# 2 monitore

## sheik watchdog

generelle frage:

ich verbende unter windows seit kurzem 2 monitore (mit einer agp- und einer pci-grafikkarte), und möchte demnächst gentoo installieren. ist es möglich unter x 2 monitore anzugeben, bzw wie geht zb kde damit um? und wenn es funktioniert, wie richtet man das ein? (so, dass sich der desktop auf beide monitore aufteilt)

thx

mfg

sheik

----------

## Kaeptn

Hi.

Soweit ich weiß, kann KDE seit der Version 3 mit mehreren Monitoren umgehen. Weiß aber nicht genau.

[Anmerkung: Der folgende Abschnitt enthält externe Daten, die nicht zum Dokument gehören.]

-- ===== src/Instance/Caller/Tests.antt =====
-- Runs of the client of the instance service and of the stream of a log.
use longhorn_instance_manage.Base.{
  ℕ, ◌+◌, pos, ◌≡◌, refl, none, some, List, [], ◌∷◌, Text, codes, ok, text_eq, panic, Result, false,
  append_nil,
}
use longhorn_instance_manage.Manager.Logs.{Send, IsPart}
use longhorn_instance_manage.Manager.Tests.{one_process, in_table}
use longhorn_instance_manage.Instance.{replicated, DataLayout, InstanceSpec}
use longhorn_instance_manage.Instance.Logs.{
  LogConnection, IsReliable, instance_log, instance_log-IsPart,
}
use longhorn_instance_manage.Instance.Server.{create, no_instance}
use longhorn_instance_manage.Proxy.Client.{get_data_engine, has_suffix}
use longhorn_instance_manage.Instance.Caller.{InstanceCreateRequest, create_request, made, spec_of}
use longhorn_instance_manage.Instance.Caller.Calls.{instance_create, sent}
use longhorn_instance_manage.Instance.Caller.Sent.{IsComplete, create_request-IsComplete}

-- A replica for the second data engine.
abbrev a_replica_request : InstanceCreateRequest
a_replica_request = record {
  data_engine = codes "DATA_ENGINE_V2";
  name = codes "r-0";
  instance_type = codes "replica";
  volume_name = codes "vol";
  size = 4096;
  port_count = pos 2;
  port_args = [];
  binary = codes "longhorn";
  binary_args = [];
  engine = record {
    replica_address_map = [];
    frontend = [];
    ublk_queue_depth = pos 0;
    ublk_number_of_queue = pos 0;
    target_address = [];
    salvage_requested = false;
    snapshot_max_count = pos 0;
  };
  engine_frontend = record {
    frontend = [];
    ublk_queue_depth = pos 0;
    ublk_number_of_queue = pos 0;
    nvme_tcp_nr_io_queues = pos 0;
    target_address = [];
    engine_name = [];
  };
  replica = record { disk_name = codes "disk"; disk_uuid = codes "d1"; backing_image_name = [] };
  shard = record { lvs_name = []; lvs_uuid = []; slot_index = 0 };
  shard_group = record {
    data_chunks = 0;
    parity_chunks = 0;
    strip_size_kb = 0;
    shards = [];
    salvage_requested = false;
  };
  data_layout_type = replicated;
}

-- An instance of the first data engine.
abbrev first_request : InstanceCreateRequest
first_request = record a_replica_request { data_engine = codes "v1" }

create_request-IsComplete_example :
    (layout : DataLayout) × (spec : InstanceSpec) × (create replicated
        (spec_of first_request (some (record { binary = codes "longhorn"; args = [] })) none)
      ≡ create layout spec)
    × IsComplete spec
unfolding create_request made get_data_engine has_suffix text_eq
create_request-IsComplete_example =
    create_request-IsComplete first_request
      (create replicated
        (spec_of first_request (some (record { binary = codes "longhorn"; args = [] })) none))
      refl

-- The connection carries everything.
abbrev whole : LogConnection
whole = record { connect_error = none; open_error = none; carry = λ s. s }

-- The caller takes only one line.
abbrev takes_one : Send
takes_one [] line = none
takes_one (l ∷ ls) line = some panic

abbrev takes_all : Send
takes_all ls line = none

abbrev log_of_any : ℕ → Result (List Text)
log_of_any r = ok (codes "one" ∷ codes "two" ∷ [])

whole-IsReliable : IsReliable whole
whole-IsReliable s = (([], append_nil s.0, λ h. refl), λ h. h)

instance_log-IsPart_example :
    IsPart
      (instance_log whole log_of_any takes_all takes_one (pos 0) (codes "a") one_process)
      (codes "one" ∷ codes "two" ∷ [])
instance_log-IsPart_example =
    instance_log-IsPart whole log_of_any takes_all takes_one (codes "a") one_process 0
      (codes "one" ∷ codes "two" ∷ []) whole-IsReliable in_table refl (pos 0)

-- Without a name nothing is sent, whatever the service is.
abbrev nameless : InstanceCreateRequest
nameless = record a_replica_request { name = [] }

nothing_sent : (instance_create {W = ℕ} (λ request s. (s + 1, no_instance panic)) nameless 0).0 ≡ 0
unfolding instance_create create_request sent
nothing_sent = refl
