-- ===== src/Instance/Levels.antt =====
-- pkg/instance/log.go: the level and the flags of the log. The level of the instance manager is that of
-- vendor/github.com/sirupsen/logrus, whose `ParseLevel` is an argument; the log of the second data engine
-- is that of the SPDK service.
use longhorn_instance_manage.Base.{
  ℤ, Text, ◌≡◌, refl, Option, none, some, [], Error, status, internal, unimplemented, Result, ok,
  err, inl, inr, Option-cases,
}
use longhorn_instance_manage.Instance.{DataEngine, v1, v2, ops_of}
use longhorn_instance_manage.Proxy.Calls.{internal_of, acted_internal}

-- The client of the SPDK service, as far as its log is concerned.
pub record LogClient (S : Type 0) : Type 0 where
  pub connect : S → Option Error
  pub log_set_level : Text → S → S × Option Error
  pub log_set_flags : Text → S → S × Option Error
  pub log_get_flags : S → Result Text

-- The level of this process, by its name, and the SPDK service.
pub record Logs (S : Type 0) : Type 0 where
  pub level : Text
  pub spdk : S

-- `strings.ToUpper`, and the name of the level that `ParseLevel` finds.
pub record LogLibrary : Type 0 where
  pub to_upper : Text → Text
  pub parse_level : Text → Result Text

module _ {S : Type 0} (lib : LogLibrary) (spdk : LogClient S) where
  -- `logSetLevel`.
  unfoldable pub log_set_level : Text → Logs S → Logs S × Result (Unit {0})
  log_set_level level w = elim (lib.parse_level level) [
    | err e ↦ (w, err e)
    | ok name ↦ (record w { level = name }, ok tt)
  ]

  -- A call of the SPDK service, if it can be reached.
  unfoldable pub on_spdk_log : (S → S × Option Error) → Logs S → Logs S × Result (Unit {0})
  unfolding acted_internal
  on_spdk_log next w = elim (spdk.connect w.spdk) [
    | some e ↦ (w, err (status internal))
    | none ↦ let (s, answer) = acted_internal (next w.spdk) in (record w { spdk = s }, answer)
  ]

  unfoldable pub set_level : Option DataEngine → Text → Logs S → Logs S × Result (Unit {0})
  unfolding log_set_level on_spdk_log
  set_level none level w = (w, err (status unimplemented))
  set_level (some v1) level w = log_set_level level w
  set_level (some v2) level w = on_spdk_log (spdk.log_set_level (lib.to_upper level)) w

  unfoldable pub set_flags : Option DataEngine → Text → Logs S → Logs S × Result (Unit {0})
  unfolding on_spdk_log
  set_flags none flags w = (w, err (status unimplemented))
  set_flags (some v1) flags w = (w, ok tt)
  set_flags (some v2) flags w = on_spdk_log (spdk.log_set_flags flags) w

  -- Both data engines answer with the level of this process.
  unfoldable pub get_level : Option DataEngine → Logs S → Result Text
  get_level none w = err (status unimplemented)
  get_level (some engine) w = ok w.level

  unfoldable pub get_flags : Option DataEngine → Logs S → Result Text
  unfolding internal_of
  get_flags none w = err (status unimplemented)
  get_flags (some v1) w = ok []
  get_flags (some v2) w = elim (spdk.connect w.spdk) [
    | some e ↦ err (status internal)
    | none ↦ internal_of (spdk.log_get_flags w.spdk)
  ]

  unfoldable pub serve_set_level : ℤ → Text → Logs S → Logs S × Result (Unit {0})
  unfolding set_level ops_of
  serve_set_level engine level w = set_level (ops_of engine) level w

  unfoldable pub serve_get_level : ℤ → Logs S → Result Text
  unfolding get_level ops_of
  serve_get_level engine w = get_level (ops_of engine) w

  on_spdk_log-level :
      (next : S → S × Option Error) (w : Logs S) → (on_spdk_log next w).0.level ≡ w.level
  unfolding on_spdk_log
  on_spdk_log-level next w = elim (Option-cases (spdk.connect w.spdk)) [
    | inl h ↦ rw (h, on_spdk_log) refl
    | inr (e, h) ↦ rw (h, on_spdk_log) refl
  ]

Ein Bekannter von mir hat jedoch voriges Jahr schon mit dem enlightment-Windowmanager zwei Monitore gleichzeitig betrieben. Aber das zusätzlich noch in einer speziellen Variante:

Er hat auf dem Rechner zwei Mal X gestartet und enlightment trotzdem dazu veranlasst, Fenster und Maus "durchzugeben". Er hat zwar sowohl links als auch rechts "verschiedene" Desktops gehabt, die Möglichkeit Fenster durchzugeben war aber dennoch da.

Irgendwie cool, oder?

Jedenfalls sollte es mit KDE3 funktionieren.

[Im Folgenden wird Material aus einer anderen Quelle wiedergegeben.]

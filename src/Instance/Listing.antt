-- ===== src/Instance/Listing.antt =====
-- What `InstanceList` of the second data engine returns.
use longhorn_instance_manage.Base.{
  Text, ◌≡◌, refl, Option, none, some, List, [], ◌∷◌, Dict, lookup, insert, lookup-insert, text_eq,
  if◌then◌else◌, arith, ok,
}
use longhorn_instance_manage.Instance.{
  SpdkClient, InstanceResponse, Replica, Engine, EngineFrontend, Shard, ShardGroup,
}
use longhorn_instance_manage.Instance.Convert.{
  replica_response, engine_response, engine_frontend_response, shard_response, shard_group_response,
}
use longhorn_instance_manage.Instance.Ops.{insert_all, named}

-- The last item of that name.
unfoldable pub last_of {ℓ} : {V : Type ℓ} → Text → List (Text × V) → Option V
last_of k [] = none
last_of k ((j, v) ∷ rest) = elim (last_of k rest) [
  | none ↦ if text_eq j k then some v else none
  | some w ↦ some w
]

abbrev pub or_else {ℓ} : {V : Type ℓ} → Option V → Option V → Option V
or_else none o = o
or_else (some v) o = some v

pub lookup-insert_all {ℓ} :
    {V : Type ℓ} (k : Text) (items : List (Text × V)) (m : Dict V)
    → lookup k (insert_all items m) ≡ or_else (last_of k items) (lookup k m)
unfolding insert_all last_of
lookup-insert_all k [] m = refl
lookup-insert_all k ((j, v) ∷ rest) m =
    ground (arith, lookup-insert_all k rest (insert j v m), lookup-insert j k v m)

module _ {S : Type 0} (spdk : SpdkClient S) (s : S) where
  -- The lists that the SPDK service returns, one after the other.
  pub record Lists : Type 0 where
    pub replicas : List Replica
    pub engines : List Engine
    pub frontends : List EngineFrontend
    pub shards : List Shard
    pub groups : List ShardGroup

  abbrev pub Returns : Lists → Type 0
  Returns ls =
      (spdk.connect s ≡ none)
      × (spdk.replica_list s ≡ ok ls.replicas)
      × (spdk.engine_list s ≡ ok ls.engines)
      × (spdk.engine_frontend_list s ≡ ok ls.frontends)
      × (spdk.shard_list s ≡ ok ls.shards)
      × (spdk.shard_group_list s ≡ ok ls.groups)

  -- Under a name stands the last shard group of that name, or else the last shard, engine frontend,
  -- engine or replica, or else what stood there before.
  abbrev pub expected : Lists → Dict InstanceResponse → Text → Option InstanceResponse
  expected ls instances k = or_else (last_of k (named shard_group_response ls.groups)) (
      or_else (last_of k (named shard_response ls.shards)) (
        or_else (last_of k (named engine_frontend_response ls.frontends)) (
          or_else (last_of k (named engine_response ls.engines))
            (or_else (last_of k (named replica_response ls.replicas)) (lookup k instances)))))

Mehr weiß ich auch nicht, hab leider nur 1 Grafikkarte und 1 Monitor  :Sad: 

Bye

Fritz

----------

## Marvin-X

 *sheik watchdog wrote:*   

> 
> 
> ich verbende unter windows seit kurzem 2 monitore (mit einer agp- und einer pci-grafikkarte), und möchte demnächst gentoo installieren. ist es möglich unter x 2 monitore anzugeben, bzw wie geht zb kde damit um? und wenn es funktioniert, wie richtet man das ein? 

 

Es geht, aber ich weiss nicht ob es mit zwei Karten funktioniert. Auf alle Fällt mit einer Matrox Dualhead läuft so etwas. Ansonsten einfach mal googlen.

----------

## cyc

es geht definitiv! allerdings weiss ich nicht genau auf welche weise. 2 grafikkarten auf jeden fall. stichwort xinerama sollte das sein wenn ich mich recht erinnere

----------

## sheik watchdog

danke, ich werd, sobald ich die möglichkeit hab gentoo zu installierten, einfach mal herumprobieren...

das mit den 2 desktops ist schon eine gute sache! würd mich echt interessieren wie das geht!

mfg

sheik

----------